ASSIGNMENT: Within the listing below, filter for "spared" and copy every matching line.

....................

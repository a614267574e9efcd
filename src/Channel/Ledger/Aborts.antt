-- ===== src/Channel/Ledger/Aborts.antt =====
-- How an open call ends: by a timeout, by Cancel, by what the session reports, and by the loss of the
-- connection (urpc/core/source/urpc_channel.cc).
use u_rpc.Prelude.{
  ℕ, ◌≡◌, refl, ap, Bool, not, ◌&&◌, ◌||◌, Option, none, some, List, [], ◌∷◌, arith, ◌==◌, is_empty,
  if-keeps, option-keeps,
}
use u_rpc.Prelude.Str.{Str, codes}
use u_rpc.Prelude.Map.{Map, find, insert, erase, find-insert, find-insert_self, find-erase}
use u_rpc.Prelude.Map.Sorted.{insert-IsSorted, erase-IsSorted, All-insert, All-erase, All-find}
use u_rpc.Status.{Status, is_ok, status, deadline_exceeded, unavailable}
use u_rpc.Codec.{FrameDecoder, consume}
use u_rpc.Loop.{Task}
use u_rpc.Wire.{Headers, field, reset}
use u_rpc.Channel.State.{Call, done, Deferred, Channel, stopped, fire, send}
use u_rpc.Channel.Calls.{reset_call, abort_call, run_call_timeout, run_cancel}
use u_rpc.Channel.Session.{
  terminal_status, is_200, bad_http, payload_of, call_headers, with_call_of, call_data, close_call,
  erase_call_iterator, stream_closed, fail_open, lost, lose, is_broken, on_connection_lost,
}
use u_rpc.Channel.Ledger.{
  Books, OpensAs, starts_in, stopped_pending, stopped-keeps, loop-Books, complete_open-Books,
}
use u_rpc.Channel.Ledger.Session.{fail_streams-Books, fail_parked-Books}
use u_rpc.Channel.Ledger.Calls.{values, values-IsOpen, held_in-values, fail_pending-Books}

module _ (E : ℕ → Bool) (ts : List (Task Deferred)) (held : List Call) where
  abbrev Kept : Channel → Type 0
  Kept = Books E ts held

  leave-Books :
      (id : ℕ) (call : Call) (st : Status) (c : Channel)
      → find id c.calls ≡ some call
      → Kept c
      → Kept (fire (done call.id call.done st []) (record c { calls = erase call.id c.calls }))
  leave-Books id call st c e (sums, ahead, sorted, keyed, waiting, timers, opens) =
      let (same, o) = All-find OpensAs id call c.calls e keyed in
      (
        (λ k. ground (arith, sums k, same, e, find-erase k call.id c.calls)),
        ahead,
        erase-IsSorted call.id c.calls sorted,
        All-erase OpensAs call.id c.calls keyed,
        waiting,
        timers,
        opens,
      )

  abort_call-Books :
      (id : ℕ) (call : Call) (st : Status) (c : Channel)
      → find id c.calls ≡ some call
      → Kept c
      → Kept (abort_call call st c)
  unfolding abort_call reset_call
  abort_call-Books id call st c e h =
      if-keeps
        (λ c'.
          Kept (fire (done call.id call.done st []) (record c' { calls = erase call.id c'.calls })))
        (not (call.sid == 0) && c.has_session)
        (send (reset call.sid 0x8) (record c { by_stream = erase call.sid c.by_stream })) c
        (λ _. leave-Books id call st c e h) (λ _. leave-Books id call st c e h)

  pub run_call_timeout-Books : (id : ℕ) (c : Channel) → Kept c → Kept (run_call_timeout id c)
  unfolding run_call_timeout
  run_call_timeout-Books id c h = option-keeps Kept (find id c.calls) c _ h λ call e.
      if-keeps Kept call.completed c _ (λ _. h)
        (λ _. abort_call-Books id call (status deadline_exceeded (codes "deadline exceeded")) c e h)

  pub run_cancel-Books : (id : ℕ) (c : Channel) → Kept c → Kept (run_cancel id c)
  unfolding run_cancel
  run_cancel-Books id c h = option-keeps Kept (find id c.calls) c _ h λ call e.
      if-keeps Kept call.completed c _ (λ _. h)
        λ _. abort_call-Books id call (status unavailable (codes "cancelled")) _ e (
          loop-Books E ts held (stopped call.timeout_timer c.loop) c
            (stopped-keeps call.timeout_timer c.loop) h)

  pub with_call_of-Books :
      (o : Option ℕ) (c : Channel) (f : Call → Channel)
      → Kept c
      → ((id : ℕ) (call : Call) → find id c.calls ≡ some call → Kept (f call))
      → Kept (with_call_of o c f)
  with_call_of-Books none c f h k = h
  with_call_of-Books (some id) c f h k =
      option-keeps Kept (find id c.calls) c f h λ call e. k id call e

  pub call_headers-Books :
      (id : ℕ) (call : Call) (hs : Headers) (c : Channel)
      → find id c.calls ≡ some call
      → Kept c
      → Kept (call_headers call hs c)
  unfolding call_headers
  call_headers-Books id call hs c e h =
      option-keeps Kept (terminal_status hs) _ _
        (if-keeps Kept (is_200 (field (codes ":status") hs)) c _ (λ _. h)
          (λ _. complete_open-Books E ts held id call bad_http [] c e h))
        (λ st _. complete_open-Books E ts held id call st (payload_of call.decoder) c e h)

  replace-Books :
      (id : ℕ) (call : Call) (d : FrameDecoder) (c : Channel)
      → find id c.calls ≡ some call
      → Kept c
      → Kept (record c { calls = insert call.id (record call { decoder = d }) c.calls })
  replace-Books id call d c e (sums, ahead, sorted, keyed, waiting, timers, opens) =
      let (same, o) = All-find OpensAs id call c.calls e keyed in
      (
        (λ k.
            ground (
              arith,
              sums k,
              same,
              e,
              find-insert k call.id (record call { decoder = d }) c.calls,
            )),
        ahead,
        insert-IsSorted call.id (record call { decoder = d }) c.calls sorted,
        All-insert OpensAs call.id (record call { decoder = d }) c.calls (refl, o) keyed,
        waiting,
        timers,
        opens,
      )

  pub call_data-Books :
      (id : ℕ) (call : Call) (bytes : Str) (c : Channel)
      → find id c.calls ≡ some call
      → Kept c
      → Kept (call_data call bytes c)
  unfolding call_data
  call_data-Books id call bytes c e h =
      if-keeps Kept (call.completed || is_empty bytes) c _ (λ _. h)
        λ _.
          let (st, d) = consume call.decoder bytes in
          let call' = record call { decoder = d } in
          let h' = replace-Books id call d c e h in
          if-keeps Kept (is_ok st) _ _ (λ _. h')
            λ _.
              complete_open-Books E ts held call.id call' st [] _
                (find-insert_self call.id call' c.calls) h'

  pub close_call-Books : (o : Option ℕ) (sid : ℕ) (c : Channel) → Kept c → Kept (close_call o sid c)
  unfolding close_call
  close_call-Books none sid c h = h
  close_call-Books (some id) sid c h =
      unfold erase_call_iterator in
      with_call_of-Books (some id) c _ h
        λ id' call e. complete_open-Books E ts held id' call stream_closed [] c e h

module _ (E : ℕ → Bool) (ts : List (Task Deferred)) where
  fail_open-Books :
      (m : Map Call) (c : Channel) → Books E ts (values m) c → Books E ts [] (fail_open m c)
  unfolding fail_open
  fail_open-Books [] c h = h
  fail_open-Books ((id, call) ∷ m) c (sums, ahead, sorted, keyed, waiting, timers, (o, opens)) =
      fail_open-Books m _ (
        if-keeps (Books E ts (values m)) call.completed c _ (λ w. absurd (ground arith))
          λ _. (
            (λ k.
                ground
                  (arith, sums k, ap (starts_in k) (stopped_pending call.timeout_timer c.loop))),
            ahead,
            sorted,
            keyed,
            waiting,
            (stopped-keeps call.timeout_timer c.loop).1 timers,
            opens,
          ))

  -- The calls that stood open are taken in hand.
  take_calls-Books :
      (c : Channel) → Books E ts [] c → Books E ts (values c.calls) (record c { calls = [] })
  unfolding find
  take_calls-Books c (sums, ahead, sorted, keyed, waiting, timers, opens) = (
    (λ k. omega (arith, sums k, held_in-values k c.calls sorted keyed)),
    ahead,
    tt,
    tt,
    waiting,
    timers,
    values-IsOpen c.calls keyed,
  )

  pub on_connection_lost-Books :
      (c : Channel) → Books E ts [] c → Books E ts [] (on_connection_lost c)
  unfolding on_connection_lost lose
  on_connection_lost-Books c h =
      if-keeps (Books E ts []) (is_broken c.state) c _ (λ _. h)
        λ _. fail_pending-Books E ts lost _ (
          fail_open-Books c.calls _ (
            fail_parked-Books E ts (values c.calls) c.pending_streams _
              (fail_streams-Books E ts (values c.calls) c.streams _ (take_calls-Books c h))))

....................

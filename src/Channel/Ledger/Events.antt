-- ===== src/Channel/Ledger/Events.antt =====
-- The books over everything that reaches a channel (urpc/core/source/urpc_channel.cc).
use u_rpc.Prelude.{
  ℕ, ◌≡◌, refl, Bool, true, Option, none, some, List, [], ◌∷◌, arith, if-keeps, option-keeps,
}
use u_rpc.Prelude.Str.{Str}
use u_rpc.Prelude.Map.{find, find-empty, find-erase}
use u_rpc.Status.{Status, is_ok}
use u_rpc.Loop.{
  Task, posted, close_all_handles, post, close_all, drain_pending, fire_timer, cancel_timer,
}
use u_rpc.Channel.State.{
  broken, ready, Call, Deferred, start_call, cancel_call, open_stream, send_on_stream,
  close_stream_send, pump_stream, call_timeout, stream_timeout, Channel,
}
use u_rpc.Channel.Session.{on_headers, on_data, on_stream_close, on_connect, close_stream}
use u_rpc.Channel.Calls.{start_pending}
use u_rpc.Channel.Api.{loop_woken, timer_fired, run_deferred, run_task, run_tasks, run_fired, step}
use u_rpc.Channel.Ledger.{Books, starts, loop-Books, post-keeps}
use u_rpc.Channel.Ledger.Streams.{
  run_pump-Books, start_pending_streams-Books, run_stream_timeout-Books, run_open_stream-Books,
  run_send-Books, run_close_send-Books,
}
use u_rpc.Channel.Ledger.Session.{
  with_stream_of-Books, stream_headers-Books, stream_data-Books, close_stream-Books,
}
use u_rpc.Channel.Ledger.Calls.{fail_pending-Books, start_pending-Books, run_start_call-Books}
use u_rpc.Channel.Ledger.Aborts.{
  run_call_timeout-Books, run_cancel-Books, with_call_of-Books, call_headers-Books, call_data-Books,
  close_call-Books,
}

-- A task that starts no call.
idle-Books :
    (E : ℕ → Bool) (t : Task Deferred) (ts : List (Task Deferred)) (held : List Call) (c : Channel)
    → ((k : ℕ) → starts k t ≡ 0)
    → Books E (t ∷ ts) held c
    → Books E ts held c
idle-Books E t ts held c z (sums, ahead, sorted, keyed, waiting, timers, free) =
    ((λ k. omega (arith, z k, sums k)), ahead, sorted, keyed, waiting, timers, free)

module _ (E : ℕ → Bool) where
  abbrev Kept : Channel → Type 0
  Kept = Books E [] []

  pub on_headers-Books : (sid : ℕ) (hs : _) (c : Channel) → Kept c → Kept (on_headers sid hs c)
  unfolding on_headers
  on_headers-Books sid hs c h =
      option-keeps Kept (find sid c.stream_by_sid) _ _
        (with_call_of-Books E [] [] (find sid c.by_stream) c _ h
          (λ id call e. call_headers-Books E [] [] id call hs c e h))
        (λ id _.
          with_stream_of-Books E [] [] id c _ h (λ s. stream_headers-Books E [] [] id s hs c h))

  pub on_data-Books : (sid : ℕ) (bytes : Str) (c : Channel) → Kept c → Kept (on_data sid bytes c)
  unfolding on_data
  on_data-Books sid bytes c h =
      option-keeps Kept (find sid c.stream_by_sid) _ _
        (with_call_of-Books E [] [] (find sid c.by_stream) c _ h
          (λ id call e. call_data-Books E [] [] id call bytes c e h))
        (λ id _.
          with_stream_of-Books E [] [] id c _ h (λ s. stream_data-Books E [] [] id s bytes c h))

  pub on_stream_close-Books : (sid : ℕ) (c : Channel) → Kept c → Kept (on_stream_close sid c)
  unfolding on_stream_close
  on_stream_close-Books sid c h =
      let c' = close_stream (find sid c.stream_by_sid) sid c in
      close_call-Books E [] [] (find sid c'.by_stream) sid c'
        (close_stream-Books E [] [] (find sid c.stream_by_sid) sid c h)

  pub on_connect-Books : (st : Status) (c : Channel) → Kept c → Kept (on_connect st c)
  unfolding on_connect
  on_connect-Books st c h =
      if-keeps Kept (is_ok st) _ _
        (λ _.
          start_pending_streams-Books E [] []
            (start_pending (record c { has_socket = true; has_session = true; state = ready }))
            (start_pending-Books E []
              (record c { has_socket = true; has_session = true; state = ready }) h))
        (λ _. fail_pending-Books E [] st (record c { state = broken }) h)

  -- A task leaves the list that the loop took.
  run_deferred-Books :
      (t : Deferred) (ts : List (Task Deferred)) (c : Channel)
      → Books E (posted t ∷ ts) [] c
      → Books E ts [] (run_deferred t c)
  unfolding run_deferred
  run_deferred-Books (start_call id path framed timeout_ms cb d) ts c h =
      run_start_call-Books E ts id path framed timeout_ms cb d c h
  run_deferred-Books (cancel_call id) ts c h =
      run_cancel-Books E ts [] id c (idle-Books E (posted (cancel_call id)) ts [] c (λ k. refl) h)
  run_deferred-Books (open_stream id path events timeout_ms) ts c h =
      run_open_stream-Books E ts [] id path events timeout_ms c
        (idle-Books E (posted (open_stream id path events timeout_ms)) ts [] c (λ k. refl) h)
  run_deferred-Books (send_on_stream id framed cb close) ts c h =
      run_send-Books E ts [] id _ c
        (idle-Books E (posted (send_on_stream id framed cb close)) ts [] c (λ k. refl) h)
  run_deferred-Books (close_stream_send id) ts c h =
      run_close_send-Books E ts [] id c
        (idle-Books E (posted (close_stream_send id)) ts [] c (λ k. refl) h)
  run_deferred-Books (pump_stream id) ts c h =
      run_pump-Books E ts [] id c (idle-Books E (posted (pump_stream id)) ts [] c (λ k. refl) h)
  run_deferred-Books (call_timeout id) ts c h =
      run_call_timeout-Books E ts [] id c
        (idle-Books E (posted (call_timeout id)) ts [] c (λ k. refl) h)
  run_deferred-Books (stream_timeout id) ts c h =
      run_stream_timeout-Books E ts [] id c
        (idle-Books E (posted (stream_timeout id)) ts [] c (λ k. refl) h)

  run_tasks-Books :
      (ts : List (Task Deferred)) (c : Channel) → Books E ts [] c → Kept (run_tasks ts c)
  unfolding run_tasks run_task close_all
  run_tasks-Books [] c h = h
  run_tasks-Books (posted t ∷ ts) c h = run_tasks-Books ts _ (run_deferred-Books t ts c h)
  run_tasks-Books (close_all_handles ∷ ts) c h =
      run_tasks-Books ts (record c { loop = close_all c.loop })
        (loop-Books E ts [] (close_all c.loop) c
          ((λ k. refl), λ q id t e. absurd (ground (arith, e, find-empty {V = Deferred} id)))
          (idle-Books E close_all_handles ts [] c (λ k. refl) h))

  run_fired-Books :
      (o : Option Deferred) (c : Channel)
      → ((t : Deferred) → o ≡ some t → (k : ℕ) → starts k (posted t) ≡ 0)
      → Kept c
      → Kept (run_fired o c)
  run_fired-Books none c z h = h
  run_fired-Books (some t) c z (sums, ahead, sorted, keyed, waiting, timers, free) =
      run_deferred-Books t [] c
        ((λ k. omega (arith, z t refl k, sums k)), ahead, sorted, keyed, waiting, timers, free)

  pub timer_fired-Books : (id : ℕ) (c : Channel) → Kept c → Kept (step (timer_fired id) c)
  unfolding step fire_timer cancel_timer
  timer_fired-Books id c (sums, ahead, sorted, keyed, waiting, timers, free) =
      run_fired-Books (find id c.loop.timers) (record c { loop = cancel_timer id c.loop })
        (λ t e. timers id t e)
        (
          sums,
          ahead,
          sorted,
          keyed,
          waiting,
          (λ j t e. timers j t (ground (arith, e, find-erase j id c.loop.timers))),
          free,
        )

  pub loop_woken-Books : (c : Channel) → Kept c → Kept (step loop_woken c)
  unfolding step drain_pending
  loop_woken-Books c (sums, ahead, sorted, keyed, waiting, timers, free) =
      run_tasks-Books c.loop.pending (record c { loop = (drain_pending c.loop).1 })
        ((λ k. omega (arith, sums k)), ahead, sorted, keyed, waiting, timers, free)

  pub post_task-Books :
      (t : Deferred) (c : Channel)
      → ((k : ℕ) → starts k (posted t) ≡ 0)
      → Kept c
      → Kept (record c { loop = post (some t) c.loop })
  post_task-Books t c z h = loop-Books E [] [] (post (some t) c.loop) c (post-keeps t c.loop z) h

....................

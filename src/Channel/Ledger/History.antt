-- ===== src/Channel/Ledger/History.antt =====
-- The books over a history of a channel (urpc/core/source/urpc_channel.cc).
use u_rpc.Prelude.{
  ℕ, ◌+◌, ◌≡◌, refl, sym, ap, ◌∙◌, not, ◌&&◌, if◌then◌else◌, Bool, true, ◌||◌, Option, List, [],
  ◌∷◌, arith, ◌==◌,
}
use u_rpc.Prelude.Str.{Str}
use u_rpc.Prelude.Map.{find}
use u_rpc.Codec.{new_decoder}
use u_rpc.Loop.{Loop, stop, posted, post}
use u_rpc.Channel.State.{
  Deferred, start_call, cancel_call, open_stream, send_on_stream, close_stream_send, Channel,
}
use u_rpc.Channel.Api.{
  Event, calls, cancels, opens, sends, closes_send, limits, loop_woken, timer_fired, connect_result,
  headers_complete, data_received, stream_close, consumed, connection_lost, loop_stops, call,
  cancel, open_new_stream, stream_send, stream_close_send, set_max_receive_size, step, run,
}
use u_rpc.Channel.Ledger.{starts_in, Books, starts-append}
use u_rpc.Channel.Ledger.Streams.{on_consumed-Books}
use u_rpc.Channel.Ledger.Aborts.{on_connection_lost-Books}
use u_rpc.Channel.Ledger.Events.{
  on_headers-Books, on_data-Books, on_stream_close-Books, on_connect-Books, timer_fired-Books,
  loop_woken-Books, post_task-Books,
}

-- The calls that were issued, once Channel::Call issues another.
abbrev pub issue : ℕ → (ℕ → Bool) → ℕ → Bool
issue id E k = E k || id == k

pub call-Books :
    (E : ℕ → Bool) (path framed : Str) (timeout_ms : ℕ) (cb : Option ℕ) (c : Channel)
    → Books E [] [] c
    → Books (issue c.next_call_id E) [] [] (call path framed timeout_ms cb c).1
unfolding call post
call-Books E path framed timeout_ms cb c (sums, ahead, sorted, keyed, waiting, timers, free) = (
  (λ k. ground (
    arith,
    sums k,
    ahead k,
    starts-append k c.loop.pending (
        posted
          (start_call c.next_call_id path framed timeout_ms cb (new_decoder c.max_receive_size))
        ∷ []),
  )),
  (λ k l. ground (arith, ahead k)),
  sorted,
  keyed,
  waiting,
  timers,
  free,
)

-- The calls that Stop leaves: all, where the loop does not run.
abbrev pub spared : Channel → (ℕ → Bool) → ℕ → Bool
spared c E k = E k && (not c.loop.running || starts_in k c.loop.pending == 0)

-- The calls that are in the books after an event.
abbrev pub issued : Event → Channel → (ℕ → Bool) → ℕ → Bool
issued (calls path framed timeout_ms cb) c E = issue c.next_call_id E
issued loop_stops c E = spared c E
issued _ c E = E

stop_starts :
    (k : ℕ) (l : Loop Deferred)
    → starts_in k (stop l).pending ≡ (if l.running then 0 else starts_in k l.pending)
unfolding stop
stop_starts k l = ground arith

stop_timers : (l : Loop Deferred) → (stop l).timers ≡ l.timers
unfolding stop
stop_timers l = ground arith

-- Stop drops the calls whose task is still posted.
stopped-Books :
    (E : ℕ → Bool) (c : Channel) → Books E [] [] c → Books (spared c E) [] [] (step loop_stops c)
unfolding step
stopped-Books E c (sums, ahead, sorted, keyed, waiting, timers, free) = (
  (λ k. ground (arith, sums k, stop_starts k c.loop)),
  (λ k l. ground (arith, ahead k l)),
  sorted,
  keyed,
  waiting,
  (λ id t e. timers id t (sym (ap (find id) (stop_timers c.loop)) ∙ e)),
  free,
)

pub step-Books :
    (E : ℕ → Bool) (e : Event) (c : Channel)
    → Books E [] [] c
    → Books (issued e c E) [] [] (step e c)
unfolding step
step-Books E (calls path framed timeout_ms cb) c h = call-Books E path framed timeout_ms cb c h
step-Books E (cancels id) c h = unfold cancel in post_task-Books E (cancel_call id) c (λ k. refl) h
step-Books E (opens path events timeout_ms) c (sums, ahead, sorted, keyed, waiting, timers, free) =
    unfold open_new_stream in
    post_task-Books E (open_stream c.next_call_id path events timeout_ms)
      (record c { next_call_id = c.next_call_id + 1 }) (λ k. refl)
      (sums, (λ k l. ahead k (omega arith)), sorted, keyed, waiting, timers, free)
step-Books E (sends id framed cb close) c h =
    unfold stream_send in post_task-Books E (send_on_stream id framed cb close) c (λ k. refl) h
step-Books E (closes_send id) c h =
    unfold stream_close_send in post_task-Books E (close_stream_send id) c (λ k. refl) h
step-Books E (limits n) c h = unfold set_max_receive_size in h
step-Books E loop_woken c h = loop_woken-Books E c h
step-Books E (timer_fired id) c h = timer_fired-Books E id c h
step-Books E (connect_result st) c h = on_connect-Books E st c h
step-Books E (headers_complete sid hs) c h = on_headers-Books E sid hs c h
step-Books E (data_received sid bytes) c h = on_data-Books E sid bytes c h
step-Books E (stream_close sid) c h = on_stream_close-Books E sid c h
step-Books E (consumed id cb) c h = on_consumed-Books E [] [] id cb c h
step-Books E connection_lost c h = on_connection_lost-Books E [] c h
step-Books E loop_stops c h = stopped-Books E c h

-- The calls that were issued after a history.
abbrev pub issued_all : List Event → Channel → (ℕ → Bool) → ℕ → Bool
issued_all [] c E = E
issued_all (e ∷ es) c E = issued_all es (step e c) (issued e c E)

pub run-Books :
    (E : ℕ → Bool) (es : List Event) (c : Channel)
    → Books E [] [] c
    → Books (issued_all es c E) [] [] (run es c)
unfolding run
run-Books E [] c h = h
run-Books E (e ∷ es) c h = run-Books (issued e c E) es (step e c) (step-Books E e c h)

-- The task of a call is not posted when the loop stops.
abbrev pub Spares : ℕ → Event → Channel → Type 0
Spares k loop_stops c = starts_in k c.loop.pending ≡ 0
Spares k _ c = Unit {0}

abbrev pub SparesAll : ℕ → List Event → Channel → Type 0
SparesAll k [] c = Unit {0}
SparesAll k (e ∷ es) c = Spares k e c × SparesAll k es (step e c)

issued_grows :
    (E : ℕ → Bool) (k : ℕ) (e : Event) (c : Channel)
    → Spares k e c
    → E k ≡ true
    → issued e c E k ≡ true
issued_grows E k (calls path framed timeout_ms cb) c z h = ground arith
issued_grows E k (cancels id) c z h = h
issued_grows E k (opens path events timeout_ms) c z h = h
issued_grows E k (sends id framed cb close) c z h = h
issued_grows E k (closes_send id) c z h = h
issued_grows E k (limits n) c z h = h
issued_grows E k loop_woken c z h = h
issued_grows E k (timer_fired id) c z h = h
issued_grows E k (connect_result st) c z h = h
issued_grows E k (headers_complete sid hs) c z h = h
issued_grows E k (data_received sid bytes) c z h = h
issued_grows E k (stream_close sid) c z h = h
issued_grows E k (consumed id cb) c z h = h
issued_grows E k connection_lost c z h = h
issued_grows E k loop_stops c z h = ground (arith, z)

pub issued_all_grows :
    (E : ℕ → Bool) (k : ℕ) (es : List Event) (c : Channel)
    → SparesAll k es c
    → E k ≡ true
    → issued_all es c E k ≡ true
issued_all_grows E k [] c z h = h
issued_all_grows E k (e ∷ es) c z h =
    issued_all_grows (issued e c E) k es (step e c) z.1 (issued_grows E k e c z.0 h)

....................

SOLUTION FOR THIS EXERCISE:
abbrev pub spared : Channel → (ℕ → Bool) → ℕ → Bool
spared c E k = E k && (not c.loop.running || starts_in k c.loop.pending == 0)
issued loop_stops c E = spared c E
    (E : ℕ → Bool) (c : Channel) → Books E [] [] c → Books (spared c E) [] [] (step loop_stops c)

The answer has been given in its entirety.